When analyzing flow through open channels of regular cross-sectional shape and hydraulic roughness, it is generally sufficient to use the total hydraulic radius as a parameter characterizing the cross-sectional properties. The results show that the depth of water flow in the vegetated area is much greater compared to the non-vegetated area. In this condition, the water surface is parallel to the bottom of the channel or S = Sw.

Channel slope can be expressed as an angle, percentage, or fraction. At a slope of 1:500, the flow depth value increases as the water flow flows through the vegetated area. From the graph below, it can be seen that the roughness value increases as the flow depth increases.

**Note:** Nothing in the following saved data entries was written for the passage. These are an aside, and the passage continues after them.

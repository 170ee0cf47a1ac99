-- ===== src/Takeover/Tests.antt =====
-- A takeover from its preparation to its end, and what is refused on the way.
use opensurge_fnos.Base.{
  Option, [], arith, false, if◌then◌else◌, is_some, none, refl, some, true, ℕ, ◌<◌, ◌∷◌, ◌≡◌,
}
use opensurge_fnos.Exec.{ok, ◌>>=◌}
use opensurge_fnos.Takeover.Actions.{
  create_failed_status, guards, handle_gateway_action, kind_text, known_or, launch,
  launch_operation, start_guards,
}
use opensurge_fnos.Takeover.Again.{action_again}
use opensurge_fnos.Takeover.Begin.{
  begin_request_operation, card_answer, check_operation, create_status, handle_apply_static,
  handle_dhcp_probe, handle_recovery_prepare, none_answers, observed, operation_id, prepared_record,
  probe, save_and_finish, some_answer, write_card,
}
use opensurge_fnos.Takeover.End.{
  ended, handle_restore_dhcp, handle_router_restored, restore_automatic,
}
use opensurge_fnos.Takeover.Ends.{takeover_ends}
use opensurge_fnos.Takeover.Finish.{
  finish_run, finished_watch, recovery_after, save_after, started_record, stopped_record,
  succeeded_recovery,
}
use opensurge_fnos.Takeover.Manual.{
  manual_config_for_snapshot, mask_size, same_subnet, validate_manual, verify_manual,
}
use opensurge_fnos.Takeover.Sound.{all_warranted}
use opensurge_fnos.Takeover.Sound.Reached.{flag_of_stage, warranted_calls}
use opensurge_fnos.Takeover.Stage.{is_open, is_stage, recovery_complete, stage_number}
use opensurge_fnos.Takeover.Steps.{
  Reachable, answer_request, ask, empty_store, end_operation, first_world, respond, then_step,
}
use opensurge_fnos.Takeover.Store.{
  create_error, create_operation, create_refused, find_operation, load_recovery, operation,
  put_operation, put_recovery, readable, recovery, save_card, save_operation, save_recovery,
  stamped, try_save,
}
use opensurge_fnos.Takeover.Types.{
  Snapshot, finished, new_operation, recovery_at, valid_operation_id,
}
use opensurge_fnos.Takeover.Ways.{Steps}
use opensurge_fnos.Takeover.World.{
  Outside, Pending, World, apply_static, check, do_event, launched, need, prepare_recovery,
  probe_dhcp, probed, received, refuse, restore_dhcp, run_action, set_dhcp, start_gateway,
  stop_gateway, stored, verify_router_restored,
}
use opensurge_fnos.Text.{Text, text, text_eq, trim_space}

abbrev home : Snapshot
home = record {
  network_service = text "Wi-Fi";
  interface = text "en0";
  ipv4_mode = text "manual";
  ipv4 = text "192.168.1.2";
  subnet_mask = text "255.255.255.0";
  router = text "192.168.1.1";
  dns = [];
  ipv6_default = false;
  ipv6_default_self_only = false;
}

abbrev home_address : Text → Option ℕ
home_address s =
    if text_eq s (text "192.168.1.2")
    then some 3232235778
    else if text_eq s (text "192.168.1.1")
    then some 3232235777
    else if text_eq s (text "255.255.255.0")
    then some 4294967040
    else none

-- All goes well, and no DHCP server answers.
abbrev well : Outside
well = record {
  now = 7;
  token = text "op";
  to4 = home_address;
  parses_ip = λ s. is_some (home_address s);
  config = some (record {
    mode = text "same_wifi_dhcp";
    interface = text "en0";
    lan_ip = text "192.168.1.2";
  });
  discovered = some home;
  pings_router = true;
  dhcp_servers = some [];
  dhcp_is_set = true;
  manual_is_set = true;
  runtime = some none;
  boot = none;
  status = none;
  workspace = some (text "stopped");
  leases = none;
  dns_log = [];
  mihomo_log = [];
  saves_recovery = true;
  saves_recovery_again = true;
  saves_card = true;
  removes_card = true;
  reads_operation = true;
  stats_operation = true;
  saves_operation = true;
  saves_desired = true;
}

abbrev router_back : Outside
router_back = record well { dhcp_servers = some (text "192.168.1.1" ∷ []) }

abbrev prepared_world : World
prepared_world = answer_request (prepare_recovery (some [])) well first_world

abbrev fixed : World
fixed = answer_request apply_static well prepared_world

abbrev checked : World
checked = answer_request (probe_dhcp (text "p")) well fixed

abbrev pending_start : Pending
pending_start = record {
  operation = new_operation 7 (text "a") (text "start");
  action = start_gateway;
  topology = text "same_wifi_dhcp";
  before = recovery checked.file;
}

abbrev launched_world : World
launched_world = answer_request (run_action start_gateway (text "a")) well checked

abbrev active : World
active = (finish_run well pending_start none launched_world).1

checked_run : Reachable checked
checked_run =
    then_step
      (then_step (then_step empty_store (ask first_world (prepare_recovery (some [])) well))
        (ask prepared_world apply_static well))
      (ask fixed (probe_dhcp (text "p")) well)

-- Opens the requests.
run_takeover : Unit {0}
unfolding stage_number is_stage recovery_at valid_operation_id new_operation finished refuse check
    need do_event recovery readable load_recovery stamped put_recovery try_save save_recovery
    save_card find_operation put_operation save_operation create_error create_refused
    create_operation operation manual_config_for_snapshot mask_size same_subnet validate_manual
    verify_manual prepared_record card_answer write_card handle_recovery_prepare handle_apply_static
    create_status operation_id begin_request_operation check_operation observed probe none_answers
    some_answer save_and_finish handle_dhcp_probe restore_automatic ended handle_router_restored
    handle_restore_dhcp kind_text known_or start_guards guards launch_operation create_failed_status
    launch handle_gateway_action started_record stopped_record save_after succeeded_recovery
    recovery_after finished_watch finish_run respond answer_request first_world text_eq trim_space
    ◌>>=◌ is_open
run_takeover = tt

launched_pending : launched_world.pending ≡ some pending_start
unfolding run_takeover
launched_pending = refl

abbrev stopping : World
stopping = answer_request (run_action stop_gateway (text "z")) well active

abbrev pending_stop : Pending
pending_stop = record {
  operation = new_operation 7 (text "z") (text "stop");
  action = stop_gateway;
  topology = text "same_wifi_dhcp";
  before = recovery active.file;
}

stopping_pending : stopping.pending ≡ some pending_stop
unfolding run_takeover
stopping_pending = refl

abbrev stopped : World
stopped = (finish_run well pending_stop none stopping).1

abbrev verified : World
verified = answer_request (verify_router_restored (text "v")) router_back stopped

abbrev restored : World
restored = answer_request restore_dhcp well verified

verified_run : Reachable verified
verified_run =
    then_step
      (then_step
        (then_step
          (then_step
            (then_step checked_run (ask checked (run_action start_gateway (text "a")) well))
            (end_operation launched_world pending_start well none launched_pending))
          (ask active (run_action stop_gateway (text "z")) well))
        (end_operation stopping pending_stop well none stopping_pending))
      (ask stopped (verify_router_restored (text "v")) router_back)

restored_journal :
    (restored.journal
      ≡ set_dhcp (text "Wi-Fi")
        ∷ received restore_dhcp
        ∷ probed (text "192.168.1.1" ∷ [])
        ∷ received (verify_router_restored (text "v"))
        ∷ launched stop_gateway (text "same_wifi_dhcp")
        ∷ received (run_action stop_gateway (text "z"))
        ∷ active.journal)
    × ((recovery restored.file).stage ≡ recovery_complete)
unfolding run_takeover
restored_journal = (refl, refl)

flag_of_stage_example :
    (readable verified.file ≡ true)
    × ((recovery verified.file).required ≡ is_open (recovery verified.file).stage)
flag_of_stage_example = flag_of_stage verified verified_run

warranted_calls_example : all_warranted restored.journal ≡ true
warranted_calls_example =
    warranted_calls restored (then_step verified_run (ask verified restore_dhcp well))

-- The active takeover, as it is recorded.
active_record :
    (active.file ≡ stored (recovery active.file))
    × ((recovery active.file).network_snapshot ≡ some home)
    × (is_open (recovery active.file).stage ≡ true)
    × (active.pending ≡ none)
    × (find_operation (text "end") active.operations ≡ none)
unfolding run_takeover
active_record = (refl, refl, refl, refl, refl)

active_number : stage_number (recovery active.file).stage < 11
unfolding run_takeover
active_number = omega arith

takeover_ends_example : (w : World) × Steps active w × ((recovery w.file).required ≡ false)
takeover_ends_example =
    takeover_ends active (recovery active.file) home active_record.0 active_record.1 active_record.2
      active_number active_record.3 active_record.4

started :
    (handle_gateway_action well start_gateway (text "a") checked).0 ≡ ok pending_start.operation
unfolding run_takeover
started = refl

action_again_example :
    (let w = (handle_gateway_action well start_gateway (text "a") checked).1 in
      handle_gateway_action router_back start_gateway (text "a") w
      ≡ (ok pending_start.operation, w))
action_again_example =
    action_again well router_back start_gateway (text "a") pending_start.operation checked refl refl
      started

It was also found that the value of n increases with increasing flow depth. These results agree with the statement of Jarvel (2002) that the value of the roughness coefficient depends on the flow depth, where the Manning roughness coefficient increases while the frictional velocity decreases. The expected result will be able to determine the effect of vegetation on stream characteristics and may establish a relationship between Manning's vegetative roughness and stream depth.

It is expected that the determination of the velocity distribution at the end of this research will serve as an indicator for sediment deposition based on the degree of vegetation roughness. For the vegetated zone, the author decided to save 1 m length out of 10 m length of the flood. However, the results still show a positive value where it fully follows the concept of previous studies where the value of Manning's roughness should be higher where there is a varying roughness and alignment.

Figure 18 shows the flow transition in vegetated zone where there is a different between the vegetated and non-vegetated zone in flow regimes

CONCLUSION AND RECOMMENDATION

The presence of vegetation in streams has numerous impacts by at least changing the magnitude and direction of the flow, which will affect the shape of the velocity profile, turbulence structures and sediment transport in an open channel flow. As the velocity of the channel increases, the aquatic vegetation slows down the flow at the bottom of the channel. Therefore, aquatic vegetation protects the bottom of the channel and reduces erosion. 2003), "Performance of A Sustainable Urban Drainage System in Malaysia", thesis of PhD from Universiti Sains Malaysia, Nibong Tebal, Seberang Prai Selatan.

Flow through Rigid Vegetation Hydrodynamics”, Master of Science Thesis, Virginia Polytechnic Institute and State University. Laboratory Experiments and Numerical Modeling of Wave Attenuation by Artificial Vegetation”, MSc, Ocean Engineering, Texas A&M University. 2009), “Laboratory Modeling of Open-Channel Flow Beyond Emerging Vegetation”, University of Manchester Master's Thesis.